Yesterday I was at my office (read: Starbucks) and the staff was cleaning like crazy. It was beyond the regular cleaning that they do. I mean, they were cleaning the cracks, nooks and wherever their rags, brooms and mops would reach. One of the guys furiously rubbed the back of a chair to get off Lord knows what. His intense cleaning led me to say, “Dude, that’s some intense cleaning.” Turns out that the No. 2 of Starbucks was heading towards their store. They wanted to make sure that everything was in place and everything was spic and span for the No. 2. He even admitted, had it been a regional manager, they wouldn’t be cleaning this intensely.

Which reminded me of my childhood.
My room was always messy. Not as messy as my brother’s, but messy. And when we would have guest coming over, my mom would be on our cases to clean our rooms. Don’t know why we ever cleaned our rooms. 1) The guests never came and looked at my room and 2) it was just gonna get messy again. Why show them a side that wasn’t really me? Why put on a front? Why, Mom, why make me liar? Of course, it was either clean my room or 1) get nagged until my ears fell off, and then clean my room or 2) get nagged and then hit by my mom and then clean my room. Either way, my room was gonna get cleaned. My brother never fell for my bribes to clean my room. He was always selfish like that.

The two cleaning stories then reminded me of people who often didn’t want to go to church until they got their act right.
“I’d come to church, but I’m just not ready right now.”
“Oh, church would be great, but I should get my life straightened out before I go.”
How many of you have heard something similar to those statements?
Sadly,  some places of worship places those sentiments on people’s hearts. They want clean and proper folks in their pews. Which leads me to say, all of them in the church are liars. Which then leads me to say, they need the church, so they’re at the right place. Which then leads me to say, stop being so judgmental and pray for forgiveness.

We should be reminding people that those who don’t have the answers, those who don’t have their acts or lives straightened out, the best place for them to be at is the Church!
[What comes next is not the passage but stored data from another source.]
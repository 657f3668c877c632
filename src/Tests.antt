-- ===== src/Tests.antt =====
-- Concrete inputs: the positions of the request flags of Linux 3.13 (include/linux/blk_types.h, in
-- the order that `flag_names` of code/disk_wrapper.c gives), some requests, and a generator.
mod DiskWriteTests
mod PermuterTests
mod Slots
mod CowBrdTests
mod ResultsTests
mod CheckTests
mod DevicesTests
mod ImageTests
mod SocketTests
mod WriteDataTests
mod WrapperTests
use crashmonkey.Common.{
  ℕ, zero, suc, ◌+◌, ◌-◌, ◌^◌, ◌≡◌, ◌≤◌, refl, Option, none, some, List, [], ◌∷◌, ltb,
  if◌then◌else◌, arith,
}
use crashmonkey.DiskWrite.Meta.{OpMeta, ReqBits, IsEnum}
use crashmonkey.DiskWrite.{DiskWrite}
use crashmonkey.Permuter.Init.{Garbage}
use crashmonkey.Permuter.Random.{Draw}
use crashmonkey.Permuter.Random.Pick.{InRange}

abbrev pub bits : ReqBits
bits = record {
  write = 0;
  sync = 4;
  meta = 5;
  discard = 7;
  fua = 11;
  flush = 12;
  soft_barrier = 16;
  flush_seq = 17;
}

pub bits-IsEnum : IsEnum bits
bits-IsEnum = omega arith

abbrev pub request : ℕ → ℕ → ℕ → DiskWrite
request rw sector size = record {
  metadata = record { bi_flags = 0; bi_rw = rw; write_sector = sector; size = size };
  data_ptr = some (7 ∷ 8 ∷ []);
}

-- A plain write, a write with FUA and a flush with data.
abbrev pub plain : DiskWrite
plain = request 1 8 2

abbrev pub durable : DiskWrite
durable = request (2 ^ 11 + 1) 16 2

abbrev pub flush_write : DiskWrite
flush_write = request (2 ^ 12 + 1) 24 2

abbrev pub junk : Garbage
junk = record {
  num_meta = λ i. 77;
  data_half = plain.metadata;
  flag_half = λ i. record { bi_flags = 0; bi_rw = 5; write_sector = 9; size = 9 };
}

-- A generator that always draws the lower bound, and counts its draws.
abbrev pub lowest : Draw ℕ
lowest a b g = (a, suc g)

pub lowest-InRange : InRange lowest
lowest-InRange a b g h = omega arith
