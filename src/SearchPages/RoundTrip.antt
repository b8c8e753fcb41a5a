-- ===== src/SearchPages/RoundTrip.antt =====
-- The page of a term names the term.
use skillcdn.Common.{◌≡◌, refl, ◌≢◌, true, [], ◌∷◌, ◌++◌, some, is_empty, if◌then◌else◌}
use mathlib.Core.Option
use skillcdn.Text.{Text, slash, same, starts_with}
use skillcdn.Text.Search.{has_unit_of_Lacks}
use skillcdn.Text.Split.{Lacks}
use skillcdn.TextSafety.{is_well_formed}
use skillcdn.Percent.{encode_uri_component, decode_uri_component, pieces, assemble}
use skillcdn.Percent.Points.{IsUnits}
use skillcdn.Percent.RoundTrip.{Decodes, decode_of_Decodes}
use skillcdn.Percent.Encode.{encode_well_formed}
use skillcdn.SearchPages.{
  search_page_path, normalize_search_term, path_of_term, search_term_of_path,
}

nothing_decodes : decode_uri_component [] ≡ some []
unfolding decode_uri_component pieces assemble
nothing_decodes = refl

read_segment :
    (t n : Text)
    → Decodes t n
    → Lacks slash t
    → n ≢ []
    → search_term_of_path (search_page_path ++ (slash ∷ t)) ≡ some n
unfolding search_term_of_path same starts_with
read_segment [] n d l ne = absurd (ne (cc (decode_of_Decodes d, nothing_decodes)))
read_segment (c ∷ t) n d l ne = rw (has_unit_of_Lacks slash (c ∷ t) l, decode_of_Decodes d) refl

-- What the path of a normalized term is, as `path_of_term` tests it.
path_of_normalized :
    (n : Text)
    → IsUnits n
    → is_well_formed n ≡ true
    → (path : Text) × ((if is_empty n
          then some search_page_path
          else Option.map (λ u. search_page_path ++ (slash ∷ u)) (encode_uri_component n))
        ≡ some path)
      × (search_term_of_path path ≡ some n)
unfolding search_term_of_path same
path_of_normalized [] units formed = (search_page_path, refl, refl)
path_of_normalized (c ∷ n) units formed =
    let (t, e, d, l) = encode_well_formed (c ∷ n) units formed in
    (search_page_path ++ (slash ∷ t), rw e refl, read_segment t (c ∷ n) d l (λ k. cc))

-- Where the normalized term is of 16-bit units and holds no half of a surrogate pair, searchPagePath
-- gives a path, and the term that the path names is the normalized term; a term of which nothing is left has the page of the
-- box alone, which names the empty term.
pub search_term-path_of_term :
    (term : Text)
    → IsUnits (normalize_search_term term)
    → is_well_formed (normalize_search_term term) ≡ true
    → (path : Text) × (path_of_term term ≡ some path)
      × (search_term_of_path path ≡ some (normalize_search_term term))
unfolding path_of_term
search_term-path_of_term term units formed =
    path_of_normalized (normalize_search_term term) units formed
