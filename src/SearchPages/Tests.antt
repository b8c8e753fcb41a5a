-- ===== src/SearchPages/Tests.antt =====
-- Terms and their pages, and the theorem at one of them.
use skillcdn.Common.{ℕ, zero, suc, ◌≡◌, refl, [], ◌∷◌, none, some, true, arith}
use skillcdn.Text.{Text, codes, same, has, split}
use skillcdn.TextSafety.{
  is_well_formed, code_points, is_high_surrogate, is_low_surrogate, is_surrogate,
}
use skillcdn.Percent.{encode_uri_component, encode_points}
use skillcdn.License.Words.{is_space, squeeze, skip_spaces, trim}
use skillcdn.SearchPages.{
  is_control, blank_controls, normalize_search_term, path_of_term, search_term_of_path,
  parse_landing_sections, is_landing_section,
}
use skillcdn.SearchPages.RoundTrip.{search_term-path_of_term}

run : Unit {0}
unfolding is_space squeeze skip_spaces trim is_control blank_controls normalize_search_term
    is_well_formed code_points is_high_surrogate is_low_surrogate is_surrogate same has split
    parse_landing_sections is_landing_section encode_uri_component encode_points path_of_term
run = tt

normalized : normalize_search_term (codes "  two   words ") ≡ codes "two words"
unfolding run
normalized = refl

in_page_order :
    parse_landing_sections (codes "faq, steps,,faq") ≡ some (codes "steps" ∷ codes "faq" ∷ [])
unfolding run
in_page_order = refl

abbrev repeat : ℕ → Text → Text
repeat zero s = s
repeat (suc n) s = b'a' ∷ repeat n s

-- A term whose 120th unit is the first half of a surrogate pair: the cut leaves that half alone, and
-- there is no path.
cut_pair : path_of_term (repeat 119 (0xd83d ∷ 0xde00 ∷ [])) ≡ none
unfolding run
cut_pair = refl

formed : is_well_formed (normalize_search_term (codes "  two   words ")) ≡ true
unfolding run
formed = refl

search_term-path_of_term_example :
    (path : Text) × (path_of_term (codes "  two   words ") ≡ some path)
    × (search_term_of_path path ≡ some (normalize_search_term (codes "  two   words ")))
unfolding run
search_term-path_of_term_example =
    search_term-path_of_term (codes "  two   words ") (omega arith) formed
And we, as the church, would be seriously dropping the ball if we don’t get that message across.
God doesn’t want you to come with your best foot forward. God just wants you. As you are. God loves you, and there’s nothing you can do about it. Not a single, damn thing.
This God is the God that finds beauty in brokenness; uses the weak to lead the strong; gives unmerited transforming love and grace, and so forth.

Ideally, we don’t have to clean up, we don’t have to wear our Sunday best, we don’t have to have our lives straight, we don’t have to have all the answers, we don’t have to be the Huxtables to be in the presence of God. God loves the Bundys and the Huxtables the same. (Please tell me you know who they are…)

Pastors, leaders, church goers: we all say “come as you are” or “open hearts, open minds, open doors” but what would it look like, how differently would it be if we really, really, really, really, really, meant it?
Some of you may start getting a little worried because “those” people may start coming (back) to church.
How scandalous is our God, when “those” people, while not welcomed in our nice suburban churches, are welcomed with opens arms into the kingdom of God.

“Come as your are.”
Dem some scary words, when we mean it.